**WHAT TO DO:** Output exactly the lines that run from the top of the entries to the line holding "started_at = none;", including both of those lines.

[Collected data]
-- -- --

-- ===== src/Scheduler/Examples.antt =====
-- One worker and two builds: what the scheduler's theorems say there.
use quickworks.Base.{◌≤◌, ◌≡◌, ◌≢◌, refl, String, none, some, List, [], ◌∷◌, arith, eq_iff}
use quickworks.Results.{err, lease_expired}
use quickworks.Table.{count, first, select, sort}
use quickworks.Database.{Build, Provisioner, Database, Status, Transition}
use quickworks.Scheduler.Labels.{labels_contain}
use quickworks.Scheduler.Claim.{Claim, claim_matching_build, claim_first, candidates, lease_build}
use quickworks.Scheduler.Leases.{Lease, complete_build, completed}
use quickworks.Scheduler.Slots.{IsTracked, load}
use quickworks.Scheduler.Claiming.{claim_matching_build-capacity}
use quickworks.Scheduler.Lifecycle.{complete_twice}

abbrev pub running_build : Build
running_build = record {
  id = "b1";
  workspace_id = "calm-kind-orbit";
  sequence = 1;
  transition = Transition.start;
  template_name = "vm";
  status = Status.running;
  claimed_by = some "worker";
  lease_id_hash = some "l1";
  lease_expires_at = some 220;
  started_at = some 100;
  completed_at = none;
  error = none;
  created_at = 90;
}

abbrev pub queued_build : Build
queued_build = record {
  id = "b2";
  workspace_id = "lunar-kind-river";
  sequence = 1;
  transition = Transition.stop;
  template_name = "vm";
  status = Status.queued;
  claimed_by = none;
  lease_id_hash = none;
  lease_expires_at = none;
  started_at = none;
  completed_at = none;
  error = none;
  created_at = 95;
}

abbrev pub worker_row : Provisioner
worker_row = record {
  worker_id = "worker";
  labels = [];
  capacity = 2;
  active_builds = 1;
  last_seen_at = 100;
  updated_at = 100;
}

abbrev pub busy : Database
busy = record {
  workspaces = [];
  builds = running_build ∷ queued_build ∷ [];
  idempotency_keys = [];
  provisioners = worker_row ∷ [];
  build_logs = [];
  scheduler_events = [];
  agents = [];
  agent_enrollments = [];
}

pub busy-IsTracked : IsTracked busy
unfolding count
busy-IsTracked = record {
  unique = λ id. ground (arith, eq_iff "b1" id, eq_iff "b2" id, distinct);
  counted = (refl, tt);
  registered = λ worker gone. ground (arith, eq_iff "worker" worker);
}
  where
    distinct : ◌≢◌ {A = String} "b1" "b2"
    distinct = ground (arith, eq_iff "b1" "b2")

abbrev pub second_claim : Claim
second_claim = record {
  worker_id = "worker";
  labels = [];
  capacity = 2;
  lease_hash = "l2";
  now = 150;
  until = 270;
}

abbrev no_labels : String → List String
no_labels name = []

abbrev first_lease : Lease
first_lease = record { build_id = "b1"; worker_id = "worker"; lease_hash = "l1"; now = 160 }

claim_matching_build-capacity_example :
    load (claim_matching_build no_labels second_claim busy).1.builds "worker" ≤ 2
unfolding claim_matching_build claim_first candidates sort select labels_contain first count
claim_matching_build-capacity_example =
    claim_matching_build-capacity no_labels second_claim busy
      (lease_build second_claim queued_build) busy-IsTracked refl

complete_twice_example :
    complete_build
      (record first_lease { now = 161 })
      ""
      (completed first_lease "" running_build busy)
    ≡ err lease_expired
unfolding complete_build first
complete_twice_example =
    complete_twice first_lease (record first_lease { now = 161 }) "" "" busy
      (completed first_lease "" running_build busy) refl refl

-- -- --

**SOLUTION FOR THIS PROBLEM:**
-- ===== src/Scheduler/Examples.antt =====
-- One worker and two builds: what the scheduler's theorems say there.
use quickworks.Base.{◌≤◌, ◌≡◌, ◌≢◌, refl, String, none, some, List, [], ◌∷◌, arith, eq_iff}
use quickworks.Results.{err, lease_expired}
use quickworks.Table.{count, first, select, sort}
use quickworks.Database.{Build, Provisioner, Database, Status, Transition}
use quickworks.Scheduler.Labels.{labels_contain}
use quickworks.Scheduler.Claim.{Claim, claim_matching_build, claim_first, candidates, lease_build}
use quickworks.Scheduler.Leases.{Lease, complete_build, completed}
use quickworks.Scheduler.Slots.{IsTracked, load}
use quickworks.Scheduler.Claiming.{claim_matching_build-capacity}
use quickworks.Scheduler.Lifecycle.{complete_twice}

abbrev pub running_build : Build
running_build = record {
  id = "b1";
  workspace_id = "calm-kind-orbit";
  sequence = 1;
  transition = Transition.start;
  template_name = "vm";
  status = Status.running;
  claimed_by = some "worker";
  lease_id_hash = some "l1";
  lease_expires_at = some 220;
  started_at = some 100;
  completed_at = none;
  error = none;
  created_at = 90;
}

abbrev pub queued_build : Build
queued_build = record {
  id = "b2";
  workspace_id = "lunar-kind-river";
  sequence = 1;
  transition = Transition.stop;
  template_name = "vm";
  status = Status.queued;
  claimed_by = none;
  lease_id_hash = none;
  lease_expires_at = none;
  started_at = none;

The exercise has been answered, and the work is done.